> [TASK OBJECTIVE]:
Beneath this task are records; print exactly the stretch of them from the line with "groups (a ∷ []) = []" through the line with "let l = zeros (g ∷ gs) in", both ends included.

> [RECORDS FOR THIS EXERCISE]:
========
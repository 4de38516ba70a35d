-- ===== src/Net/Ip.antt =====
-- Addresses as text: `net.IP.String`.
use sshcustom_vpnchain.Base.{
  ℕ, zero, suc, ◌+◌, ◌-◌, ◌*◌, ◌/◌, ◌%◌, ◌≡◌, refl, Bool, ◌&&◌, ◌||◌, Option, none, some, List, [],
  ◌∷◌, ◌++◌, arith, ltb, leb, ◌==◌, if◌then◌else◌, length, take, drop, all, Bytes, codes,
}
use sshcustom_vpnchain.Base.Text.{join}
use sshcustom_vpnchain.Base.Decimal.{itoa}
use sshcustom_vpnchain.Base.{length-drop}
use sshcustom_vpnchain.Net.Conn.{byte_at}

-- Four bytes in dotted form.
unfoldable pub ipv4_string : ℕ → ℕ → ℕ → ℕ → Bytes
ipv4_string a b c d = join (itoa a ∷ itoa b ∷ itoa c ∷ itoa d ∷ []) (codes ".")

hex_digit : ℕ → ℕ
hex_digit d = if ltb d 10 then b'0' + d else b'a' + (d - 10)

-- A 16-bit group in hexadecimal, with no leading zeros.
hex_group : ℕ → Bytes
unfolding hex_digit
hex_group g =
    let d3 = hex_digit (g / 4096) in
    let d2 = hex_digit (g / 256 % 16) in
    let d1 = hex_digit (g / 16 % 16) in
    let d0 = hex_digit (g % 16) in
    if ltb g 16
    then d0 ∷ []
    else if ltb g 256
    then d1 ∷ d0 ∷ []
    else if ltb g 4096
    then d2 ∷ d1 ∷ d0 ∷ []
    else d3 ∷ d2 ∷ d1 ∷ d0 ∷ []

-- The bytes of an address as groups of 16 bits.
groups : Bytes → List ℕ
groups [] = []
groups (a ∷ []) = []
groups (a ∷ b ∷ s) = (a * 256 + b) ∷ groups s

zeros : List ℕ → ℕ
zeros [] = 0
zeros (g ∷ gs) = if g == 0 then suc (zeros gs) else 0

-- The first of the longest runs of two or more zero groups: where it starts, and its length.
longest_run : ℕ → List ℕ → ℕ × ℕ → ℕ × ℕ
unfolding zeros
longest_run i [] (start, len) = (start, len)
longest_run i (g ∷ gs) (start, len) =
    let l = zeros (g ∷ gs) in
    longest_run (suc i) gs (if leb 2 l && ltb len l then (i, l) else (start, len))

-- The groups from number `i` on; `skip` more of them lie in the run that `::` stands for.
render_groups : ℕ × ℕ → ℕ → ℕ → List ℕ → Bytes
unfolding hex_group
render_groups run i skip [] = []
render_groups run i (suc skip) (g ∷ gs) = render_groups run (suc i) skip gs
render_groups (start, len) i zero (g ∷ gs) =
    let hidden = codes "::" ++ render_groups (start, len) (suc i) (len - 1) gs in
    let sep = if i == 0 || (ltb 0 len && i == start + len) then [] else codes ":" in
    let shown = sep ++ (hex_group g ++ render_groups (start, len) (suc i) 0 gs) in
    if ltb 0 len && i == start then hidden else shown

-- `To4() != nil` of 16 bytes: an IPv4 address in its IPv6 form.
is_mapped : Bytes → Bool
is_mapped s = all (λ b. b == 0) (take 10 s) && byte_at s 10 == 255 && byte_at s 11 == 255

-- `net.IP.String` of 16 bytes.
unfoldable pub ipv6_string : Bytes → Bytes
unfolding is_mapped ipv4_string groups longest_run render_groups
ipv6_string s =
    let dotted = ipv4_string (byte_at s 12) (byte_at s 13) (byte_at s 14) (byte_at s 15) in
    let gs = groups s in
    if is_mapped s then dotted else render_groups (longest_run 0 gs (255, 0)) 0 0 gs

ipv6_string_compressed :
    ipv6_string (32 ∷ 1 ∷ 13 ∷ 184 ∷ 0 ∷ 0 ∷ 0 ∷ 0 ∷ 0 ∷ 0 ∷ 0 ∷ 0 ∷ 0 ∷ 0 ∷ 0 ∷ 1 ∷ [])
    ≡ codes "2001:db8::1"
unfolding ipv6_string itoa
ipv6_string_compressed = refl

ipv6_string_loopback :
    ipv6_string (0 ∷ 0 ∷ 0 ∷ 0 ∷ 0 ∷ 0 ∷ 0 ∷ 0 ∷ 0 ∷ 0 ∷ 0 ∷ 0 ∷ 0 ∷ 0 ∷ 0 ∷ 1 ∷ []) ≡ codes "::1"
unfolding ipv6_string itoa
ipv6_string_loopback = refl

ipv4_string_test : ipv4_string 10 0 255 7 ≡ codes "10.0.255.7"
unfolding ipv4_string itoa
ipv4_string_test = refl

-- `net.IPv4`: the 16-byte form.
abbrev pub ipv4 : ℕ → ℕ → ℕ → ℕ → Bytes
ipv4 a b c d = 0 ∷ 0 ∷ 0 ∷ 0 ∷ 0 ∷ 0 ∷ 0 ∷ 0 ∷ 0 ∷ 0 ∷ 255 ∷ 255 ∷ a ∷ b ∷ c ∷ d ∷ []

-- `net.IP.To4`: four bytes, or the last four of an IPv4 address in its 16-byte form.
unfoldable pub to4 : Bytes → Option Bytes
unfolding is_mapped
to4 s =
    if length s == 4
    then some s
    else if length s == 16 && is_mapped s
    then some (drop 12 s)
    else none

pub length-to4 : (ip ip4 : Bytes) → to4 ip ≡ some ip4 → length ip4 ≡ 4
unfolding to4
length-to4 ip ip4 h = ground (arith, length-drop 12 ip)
========
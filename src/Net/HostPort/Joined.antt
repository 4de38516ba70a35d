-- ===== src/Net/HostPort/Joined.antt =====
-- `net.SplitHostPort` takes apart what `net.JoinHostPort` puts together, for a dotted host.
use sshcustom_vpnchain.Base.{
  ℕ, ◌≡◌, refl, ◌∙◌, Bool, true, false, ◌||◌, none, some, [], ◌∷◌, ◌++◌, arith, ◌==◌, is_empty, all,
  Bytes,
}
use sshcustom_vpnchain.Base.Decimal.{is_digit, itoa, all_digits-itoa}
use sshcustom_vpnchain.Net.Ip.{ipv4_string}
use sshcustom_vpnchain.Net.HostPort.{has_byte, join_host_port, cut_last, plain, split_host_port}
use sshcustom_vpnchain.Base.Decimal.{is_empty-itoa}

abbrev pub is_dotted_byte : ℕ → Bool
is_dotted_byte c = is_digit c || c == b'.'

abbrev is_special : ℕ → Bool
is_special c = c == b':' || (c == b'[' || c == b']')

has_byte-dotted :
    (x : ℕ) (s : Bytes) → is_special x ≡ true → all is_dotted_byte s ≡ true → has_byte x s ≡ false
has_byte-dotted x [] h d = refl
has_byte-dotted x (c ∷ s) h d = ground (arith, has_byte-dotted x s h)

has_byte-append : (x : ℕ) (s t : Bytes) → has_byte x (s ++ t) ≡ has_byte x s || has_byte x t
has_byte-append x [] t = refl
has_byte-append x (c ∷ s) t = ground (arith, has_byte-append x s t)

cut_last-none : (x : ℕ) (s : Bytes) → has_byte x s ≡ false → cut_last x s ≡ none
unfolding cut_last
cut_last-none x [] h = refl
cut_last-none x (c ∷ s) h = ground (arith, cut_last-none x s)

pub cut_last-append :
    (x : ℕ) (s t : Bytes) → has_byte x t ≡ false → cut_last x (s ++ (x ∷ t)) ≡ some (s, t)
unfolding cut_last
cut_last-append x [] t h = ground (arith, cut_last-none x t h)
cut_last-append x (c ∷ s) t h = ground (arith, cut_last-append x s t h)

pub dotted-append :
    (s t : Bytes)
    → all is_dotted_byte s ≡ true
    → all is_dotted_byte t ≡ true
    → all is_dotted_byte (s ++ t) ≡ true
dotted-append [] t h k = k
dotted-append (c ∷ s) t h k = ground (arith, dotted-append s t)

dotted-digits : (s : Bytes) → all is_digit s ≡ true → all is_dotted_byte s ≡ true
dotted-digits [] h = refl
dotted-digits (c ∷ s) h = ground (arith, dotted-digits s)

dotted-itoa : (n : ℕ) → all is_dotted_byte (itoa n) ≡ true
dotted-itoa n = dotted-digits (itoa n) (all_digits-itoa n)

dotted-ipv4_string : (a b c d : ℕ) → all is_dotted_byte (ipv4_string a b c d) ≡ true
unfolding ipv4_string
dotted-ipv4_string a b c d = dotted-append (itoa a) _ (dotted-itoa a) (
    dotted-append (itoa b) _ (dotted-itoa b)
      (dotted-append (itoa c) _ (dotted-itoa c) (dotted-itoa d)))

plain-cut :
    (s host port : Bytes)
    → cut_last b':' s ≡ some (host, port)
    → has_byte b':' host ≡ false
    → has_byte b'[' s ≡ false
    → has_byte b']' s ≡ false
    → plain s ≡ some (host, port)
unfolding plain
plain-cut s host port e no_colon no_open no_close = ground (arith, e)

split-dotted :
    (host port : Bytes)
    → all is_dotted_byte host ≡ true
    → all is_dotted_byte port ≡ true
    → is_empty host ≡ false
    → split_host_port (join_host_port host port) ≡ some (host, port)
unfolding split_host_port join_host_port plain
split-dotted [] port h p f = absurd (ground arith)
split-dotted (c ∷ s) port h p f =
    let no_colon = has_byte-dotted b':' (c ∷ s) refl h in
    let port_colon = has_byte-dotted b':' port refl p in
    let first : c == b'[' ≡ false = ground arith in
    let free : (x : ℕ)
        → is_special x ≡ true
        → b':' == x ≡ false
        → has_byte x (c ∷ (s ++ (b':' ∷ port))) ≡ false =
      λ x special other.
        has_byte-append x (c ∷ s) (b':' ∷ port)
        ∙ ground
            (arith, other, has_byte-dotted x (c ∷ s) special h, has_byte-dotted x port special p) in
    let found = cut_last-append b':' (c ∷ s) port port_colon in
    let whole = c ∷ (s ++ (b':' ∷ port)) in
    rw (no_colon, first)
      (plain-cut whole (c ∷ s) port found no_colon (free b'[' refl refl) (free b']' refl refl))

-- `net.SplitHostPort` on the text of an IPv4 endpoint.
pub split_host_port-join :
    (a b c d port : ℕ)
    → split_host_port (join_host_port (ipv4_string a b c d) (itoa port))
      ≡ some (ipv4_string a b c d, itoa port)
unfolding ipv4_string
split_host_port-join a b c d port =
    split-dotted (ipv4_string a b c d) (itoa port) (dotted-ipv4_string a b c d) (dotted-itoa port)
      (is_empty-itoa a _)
========
> [RESULT OF THE EXERCISE]:
groups (a ∷ []) = []
groups (a ∷ b ∷ s) = (a * 256 + b) ∷ groups s

zeros : List ℕ → ℕ
zeros [] = 0
zeros (g ∷ gs) = if g == 0 then suc (zeros gs) else 0

-- The first of the longest runs of two or more zero groups: where it starts, and its length.
longest_run : ℕ → List ℕ → ℕ × ℕ → ℕ × ℕ
unfolding zeros
longest_run i [] (start, len) = (start, len)
longest_run i (g ∷ gs) (start, len) =
    let l = zeros (g ∷ gs) in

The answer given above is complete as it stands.